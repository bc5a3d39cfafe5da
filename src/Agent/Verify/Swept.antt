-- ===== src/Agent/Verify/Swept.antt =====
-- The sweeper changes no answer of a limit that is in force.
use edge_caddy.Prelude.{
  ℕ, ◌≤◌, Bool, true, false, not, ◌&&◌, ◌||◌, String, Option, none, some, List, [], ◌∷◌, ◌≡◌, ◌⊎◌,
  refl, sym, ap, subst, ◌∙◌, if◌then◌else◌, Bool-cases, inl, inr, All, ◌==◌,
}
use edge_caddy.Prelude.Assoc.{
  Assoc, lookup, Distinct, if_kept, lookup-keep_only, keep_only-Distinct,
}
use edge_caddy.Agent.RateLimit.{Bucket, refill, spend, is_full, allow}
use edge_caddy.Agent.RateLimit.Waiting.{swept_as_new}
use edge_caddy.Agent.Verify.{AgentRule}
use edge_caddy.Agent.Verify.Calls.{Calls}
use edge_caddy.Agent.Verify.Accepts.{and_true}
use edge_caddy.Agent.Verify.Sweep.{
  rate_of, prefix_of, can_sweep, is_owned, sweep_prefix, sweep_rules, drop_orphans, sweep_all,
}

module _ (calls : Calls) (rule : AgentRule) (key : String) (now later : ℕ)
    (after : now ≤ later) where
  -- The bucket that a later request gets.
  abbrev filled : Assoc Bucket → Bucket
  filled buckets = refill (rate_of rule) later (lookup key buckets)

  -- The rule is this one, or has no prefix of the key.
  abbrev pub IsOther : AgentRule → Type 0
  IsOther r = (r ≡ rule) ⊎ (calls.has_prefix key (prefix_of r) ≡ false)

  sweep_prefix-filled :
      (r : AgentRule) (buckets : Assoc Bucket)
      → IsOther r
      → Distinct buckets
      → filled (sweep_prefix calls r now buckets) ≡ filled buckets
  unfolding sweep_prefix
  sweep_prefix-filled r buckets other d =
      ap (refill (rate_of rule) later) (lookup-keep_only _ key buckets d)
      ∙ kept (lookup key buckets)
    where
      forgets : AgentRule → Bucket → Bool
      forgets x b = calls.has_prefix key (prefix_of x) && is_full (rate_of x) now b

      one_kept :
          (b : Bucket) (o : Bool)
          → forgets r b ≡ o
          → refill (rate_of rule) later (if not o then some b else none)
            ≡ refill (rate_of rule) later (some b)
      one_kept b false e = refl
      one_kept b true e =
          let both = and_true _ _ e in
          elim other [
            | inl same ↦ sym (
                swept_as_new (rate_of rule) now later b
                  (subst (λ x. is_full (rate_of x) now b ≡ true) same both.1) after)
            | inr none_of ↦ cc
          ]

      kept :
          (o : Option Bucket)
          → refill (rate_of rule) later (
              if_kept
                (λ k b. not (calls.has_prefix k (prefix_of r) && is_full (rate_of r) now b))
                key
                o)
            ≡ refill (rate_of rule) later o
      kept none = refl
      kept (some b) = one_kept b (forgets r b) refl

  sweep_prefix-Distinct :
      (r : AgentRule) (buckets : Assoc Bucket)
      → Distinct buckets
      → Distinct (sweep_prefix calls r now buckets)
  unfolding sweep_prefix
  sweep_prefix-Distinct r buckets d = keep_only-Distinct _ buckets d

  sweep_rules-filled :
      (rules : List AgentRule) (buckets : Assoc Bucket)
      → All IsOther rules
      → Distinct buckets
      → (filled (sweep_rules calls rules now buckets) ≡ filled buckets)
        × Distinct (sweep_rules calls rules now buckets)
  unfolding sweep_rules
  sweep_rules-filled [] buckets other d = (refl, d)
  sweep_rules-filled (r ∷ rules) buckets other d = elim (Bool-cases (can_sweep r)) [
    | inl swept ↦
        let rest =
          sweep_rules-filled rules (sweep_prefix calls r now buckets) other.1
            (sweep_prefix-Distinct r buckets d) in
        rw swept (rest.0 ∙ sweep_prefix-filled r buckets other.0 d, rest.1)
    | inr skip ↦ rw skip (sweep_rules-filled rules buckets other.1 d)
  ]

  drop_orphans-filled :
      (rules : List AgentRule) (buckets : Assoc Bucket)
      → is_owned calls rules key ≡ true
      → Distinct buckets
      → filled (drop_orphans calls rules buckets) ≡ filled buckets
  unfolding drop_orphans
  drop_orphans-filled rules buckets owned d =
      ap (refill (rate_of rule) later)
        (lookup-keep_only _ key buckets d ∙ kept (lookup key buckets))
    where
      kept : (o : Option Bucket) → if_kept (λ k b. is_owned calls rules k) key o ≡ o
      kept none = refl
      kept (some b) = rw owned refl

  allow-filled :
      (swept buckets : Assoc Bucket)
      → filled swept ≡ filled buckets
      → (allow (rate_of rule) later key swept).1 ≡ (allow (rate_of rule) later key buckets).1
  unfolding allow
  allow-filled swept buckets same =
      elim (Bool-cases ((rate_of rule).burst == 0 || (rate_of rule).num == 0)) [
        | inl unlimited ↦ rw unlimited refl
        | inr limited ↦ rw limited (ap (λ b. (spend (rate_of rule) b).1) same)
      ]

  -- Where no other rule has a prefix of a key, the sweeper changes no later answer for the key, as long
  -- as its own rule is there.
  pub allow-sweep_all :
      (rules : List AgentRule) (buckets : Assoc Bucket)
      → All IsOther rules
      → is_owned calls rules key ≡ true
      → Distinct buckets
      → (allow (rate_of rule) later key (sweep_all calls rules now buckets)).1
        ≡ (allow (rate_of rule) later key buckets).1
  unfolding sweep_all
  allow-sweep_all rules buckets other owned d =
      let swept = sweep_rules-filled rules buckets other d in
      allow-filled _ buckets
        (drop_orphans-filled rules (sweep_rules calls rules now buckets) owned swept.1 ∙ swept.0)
# # # # # # #
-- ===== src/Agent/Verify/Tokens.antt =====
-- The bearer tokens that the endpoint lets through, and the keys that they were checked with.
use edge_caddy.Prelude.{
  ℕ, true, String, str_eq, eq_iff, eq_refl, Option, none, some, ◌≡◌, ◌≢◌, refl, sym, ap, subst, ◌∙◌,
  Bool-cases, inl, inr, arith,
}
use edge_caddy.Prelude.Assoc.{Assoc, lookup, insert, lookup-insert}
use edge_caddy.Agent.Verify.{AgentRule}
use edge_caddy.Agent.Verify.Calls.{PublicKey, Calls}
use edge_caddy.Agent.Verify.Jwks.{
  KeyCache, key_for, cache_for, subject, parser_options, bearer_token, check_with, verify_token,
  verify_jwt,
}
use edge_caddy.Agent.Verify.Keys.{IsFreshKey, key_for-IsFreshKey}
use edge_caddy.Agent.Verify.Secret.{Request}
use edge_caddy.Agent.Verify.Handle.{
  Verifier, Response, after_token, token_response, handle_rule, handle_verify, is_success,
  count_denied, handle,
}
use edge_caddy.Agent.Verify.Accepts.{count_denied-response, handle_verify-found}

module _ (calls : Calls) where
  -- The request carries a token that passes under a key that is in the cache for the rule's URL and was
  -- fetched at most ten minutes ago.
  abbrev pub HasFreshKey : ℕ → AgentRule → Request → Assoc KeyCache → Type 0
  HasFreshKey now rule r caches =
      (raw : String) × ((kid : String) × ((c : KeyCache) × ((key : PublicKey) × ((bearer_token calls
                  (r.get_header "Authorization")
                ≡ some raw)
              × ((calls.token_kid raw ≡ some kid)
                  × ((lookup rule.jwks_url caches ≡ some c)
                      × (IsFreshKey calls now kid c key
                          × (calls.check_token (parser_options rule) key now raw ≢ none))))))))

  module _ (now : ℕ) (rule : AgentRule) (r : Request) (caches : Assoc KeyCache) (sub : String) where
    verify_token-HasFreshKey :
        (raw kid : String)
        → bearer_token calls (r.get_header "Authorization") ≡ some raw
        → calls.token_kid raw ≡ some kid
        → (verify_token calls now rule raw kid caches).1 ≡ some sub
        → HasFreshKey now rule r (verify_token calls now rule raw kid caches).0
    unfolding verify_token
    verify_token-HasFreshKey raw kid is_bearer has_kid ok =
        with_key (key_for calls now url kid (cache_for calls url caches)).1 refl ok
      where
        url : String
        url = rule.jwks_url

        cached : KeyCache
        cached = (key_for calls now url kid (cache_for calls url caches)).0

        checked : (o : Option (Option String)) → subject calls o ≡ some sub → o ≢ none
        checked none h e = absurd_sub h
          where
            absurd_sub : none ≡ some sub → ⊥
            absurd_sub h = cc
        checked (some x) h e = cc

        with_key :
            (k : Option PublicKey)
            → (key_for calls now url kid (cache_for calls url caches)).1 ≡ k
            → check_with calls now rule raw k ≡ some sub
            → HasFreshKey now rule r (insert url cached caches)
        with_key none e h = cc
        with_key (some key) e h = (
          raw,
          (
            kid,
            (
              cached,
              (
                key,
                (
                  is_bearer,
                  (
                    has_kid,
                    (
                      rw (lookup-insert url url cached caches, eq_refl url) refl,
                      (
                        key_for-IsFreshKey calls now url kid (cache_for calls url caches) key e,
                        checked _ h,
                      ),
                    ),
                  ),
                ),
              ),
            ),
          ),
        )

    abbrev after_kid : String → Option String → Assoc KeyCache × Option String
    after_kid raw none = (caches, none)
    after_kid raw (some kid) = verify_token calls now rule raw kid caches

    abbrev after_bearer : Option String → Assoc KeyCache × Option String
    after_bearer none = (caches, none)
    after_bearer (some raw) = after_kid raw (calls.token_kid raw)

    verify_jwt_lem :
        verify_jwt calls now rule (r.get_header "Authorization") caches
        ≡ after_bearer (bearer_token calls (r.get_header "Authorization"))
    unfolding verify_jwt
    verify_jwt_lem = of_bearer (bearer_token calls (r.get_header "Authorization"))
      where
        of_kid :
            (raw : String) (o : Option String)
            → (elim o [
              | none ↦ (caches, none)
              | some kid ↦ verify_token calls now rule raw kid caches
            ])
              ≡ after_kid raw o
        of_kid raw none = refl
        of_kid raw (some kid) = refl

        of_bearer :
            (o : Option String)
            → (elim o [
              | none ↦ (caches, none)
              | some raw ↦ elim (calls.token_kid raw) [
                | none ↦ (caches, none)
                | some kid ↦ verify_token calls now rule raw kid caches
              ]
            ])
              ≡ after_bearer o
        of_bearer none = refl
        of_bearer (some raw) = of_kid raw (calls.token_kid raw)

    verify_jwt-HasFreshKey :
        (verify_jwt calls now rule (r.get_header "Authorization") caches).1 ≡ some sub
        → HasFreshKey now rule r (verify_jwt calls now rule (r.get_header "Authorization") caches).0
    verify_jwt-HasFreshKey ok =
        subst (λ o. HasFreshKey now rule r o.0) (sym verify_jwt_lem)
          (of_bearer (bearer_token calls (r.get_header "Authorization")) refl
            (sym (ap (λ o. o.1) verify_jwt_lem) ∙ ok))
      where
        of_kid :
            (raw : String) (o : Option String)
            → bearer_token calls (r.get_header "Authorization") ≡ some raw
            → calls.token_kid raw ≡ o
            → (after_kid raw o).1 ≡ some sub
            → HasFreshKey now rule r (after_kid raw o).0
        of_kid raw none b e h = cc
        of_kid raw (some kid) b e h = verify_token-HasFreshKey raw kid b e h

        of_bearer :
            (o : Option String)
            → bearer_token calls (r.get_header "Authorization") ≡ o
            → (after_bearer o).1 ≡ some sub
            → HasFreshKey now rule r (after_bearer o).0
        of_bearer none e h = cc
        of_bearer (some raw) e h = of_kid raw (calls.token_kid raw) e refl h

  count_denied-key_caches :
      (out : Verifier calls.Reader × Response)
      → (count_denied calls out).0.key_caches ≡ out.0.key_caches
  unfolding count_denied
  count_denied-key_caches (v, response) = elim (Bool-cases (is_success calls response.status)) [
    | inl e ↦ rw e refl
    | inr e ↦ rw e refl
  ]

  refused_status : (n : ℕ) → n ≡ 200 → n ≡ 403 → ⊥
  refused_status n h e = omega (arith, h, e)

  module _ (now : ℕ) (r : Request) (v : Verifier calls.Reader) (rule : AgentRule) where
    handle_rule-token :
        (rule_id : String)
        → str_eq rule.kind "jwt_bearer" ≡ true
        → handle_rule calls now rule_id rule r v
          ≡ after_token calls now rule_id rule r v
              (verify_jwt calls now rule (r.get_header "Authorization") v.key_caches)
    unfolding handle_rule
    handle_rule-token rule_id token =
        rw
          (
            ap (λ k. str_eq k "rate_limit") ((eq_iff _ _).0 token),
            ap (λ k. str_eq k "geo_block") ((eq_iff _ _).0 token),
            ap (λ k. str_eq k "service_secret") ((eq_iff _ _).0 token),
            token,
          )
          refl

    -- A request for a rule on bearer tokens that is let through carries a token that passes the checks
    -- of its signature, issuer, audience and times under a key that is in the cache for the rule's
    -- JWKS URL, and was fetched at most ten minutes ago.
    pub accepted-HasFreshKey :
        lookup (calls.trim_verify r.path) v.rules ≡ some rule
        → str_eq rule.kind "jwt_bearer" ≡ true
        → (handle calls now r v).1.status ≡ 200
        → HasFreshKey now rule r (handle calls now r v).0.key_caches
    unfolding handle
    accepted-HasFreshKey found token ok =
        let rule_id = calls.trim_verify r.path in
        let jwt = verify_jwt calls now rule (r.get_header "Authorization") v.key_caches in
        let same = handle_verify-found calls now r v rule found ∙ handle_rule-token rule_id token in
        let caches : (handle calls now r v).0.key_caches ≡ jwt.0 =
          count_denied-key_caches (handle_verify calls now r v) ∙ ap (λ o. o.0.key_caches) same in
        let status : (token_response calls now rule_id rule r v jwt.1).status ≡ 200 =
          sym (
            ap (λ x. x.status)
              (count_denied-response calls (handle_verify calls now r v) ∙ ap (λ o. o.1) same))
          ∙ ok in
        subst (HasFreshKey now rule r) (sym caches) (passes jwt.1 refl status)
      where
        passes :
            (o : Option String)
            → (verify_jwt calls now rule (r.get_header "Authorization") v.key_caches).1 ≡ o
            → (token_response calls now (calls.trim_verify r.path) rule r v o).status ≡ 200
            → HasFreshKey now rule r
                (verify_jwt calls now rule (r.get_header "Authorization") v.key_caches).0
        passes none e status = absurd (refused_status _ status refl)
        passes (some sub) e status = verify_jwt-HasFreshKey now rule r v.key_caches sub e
# # # # # # #
Your instructions:
An exact copy of the lines above between the line holding "sweep_rules-filled rules (sweep_prefix" and the line holding "(drop_orphans-filled rules (sweep_rules", inclusive, is the whole answer.

Result for this exercise:
          sweep_rules-filled rules (sweep_prefix calls r now buckets) other.1
            (sweep_prefix-Distinct r buckets d) in
        rw swept (rest.0 ∙ sweep_prefix-filled r buckets other.0 d, rest.1)
    | inr skip ↦ rw skip (sweep_rules-filled rules buckets other.1 d)
  ]

  drop_orphans-filled :
      (rules : List AgentRule) (buckets : Assoc Bucket)
      → is_owned calls rules key ≡ true
      → Distinct buckets
      → filled (drop_orphans calls rules buckets) ≡ filled buckets
  unfolding drop_orphans
  drop_orphans-filled rules buckets owned d =
      ap (refill (rate_of rule) later)
        (lookup-keep_only _ key buckets d ∙ kept (lookup key buckets))
    where
      kept : (o : Option Bucket) → if_kept (λ k b. is_owned calls rules k) key o ≡ o
      kept none = refl
      kept (some b) = rw owned refl

  allow-filled :
      (swept buckets : Assoc Bucket)
      → filled swept ≡ filled buckets
      → (allow (rate_of rule) later key swept).1 ≡ (allow (rate_of rule) later key buckets).1
  unfolding allow
  allow-filled swept buckets same =
      elim (Bool-cases ((rate_of rule).burst == 0 || (rate_of rule).num == 0)) [
        | inl unlimited ↦ rw unlimited refl
        | inr limited ↦ rw limited (ap (λ b. (spend (rate_of rule) b).1) same)
      ]

  -- Where no other rule has a prefix of a key, the sweeper changes no later answer for the key, as long
  -- as its own rule is there.
  pub allow-sweep_all :
      (rules : List AgentRule) (buckets : Assoc Bucket)
      → All IsOther rules
      → is_owned calls rules key ≡ true
      → Distinct buckets
      → (allow (rate_of rule) later key (sweep_all calls rules now buckets)).1
        ≡ (allow (rate_of rule) later key buckets).1
  unfolding sweep_all
  allow-sweep_all rules buckets other owned d =
      let swept = sweep_rules-filled rules buckets other d in
      allow-filled _ buckets
        (drop_orphans-filled rules (sweep_rules calls rules now buckets) owned swept.1 ∙ swept.0)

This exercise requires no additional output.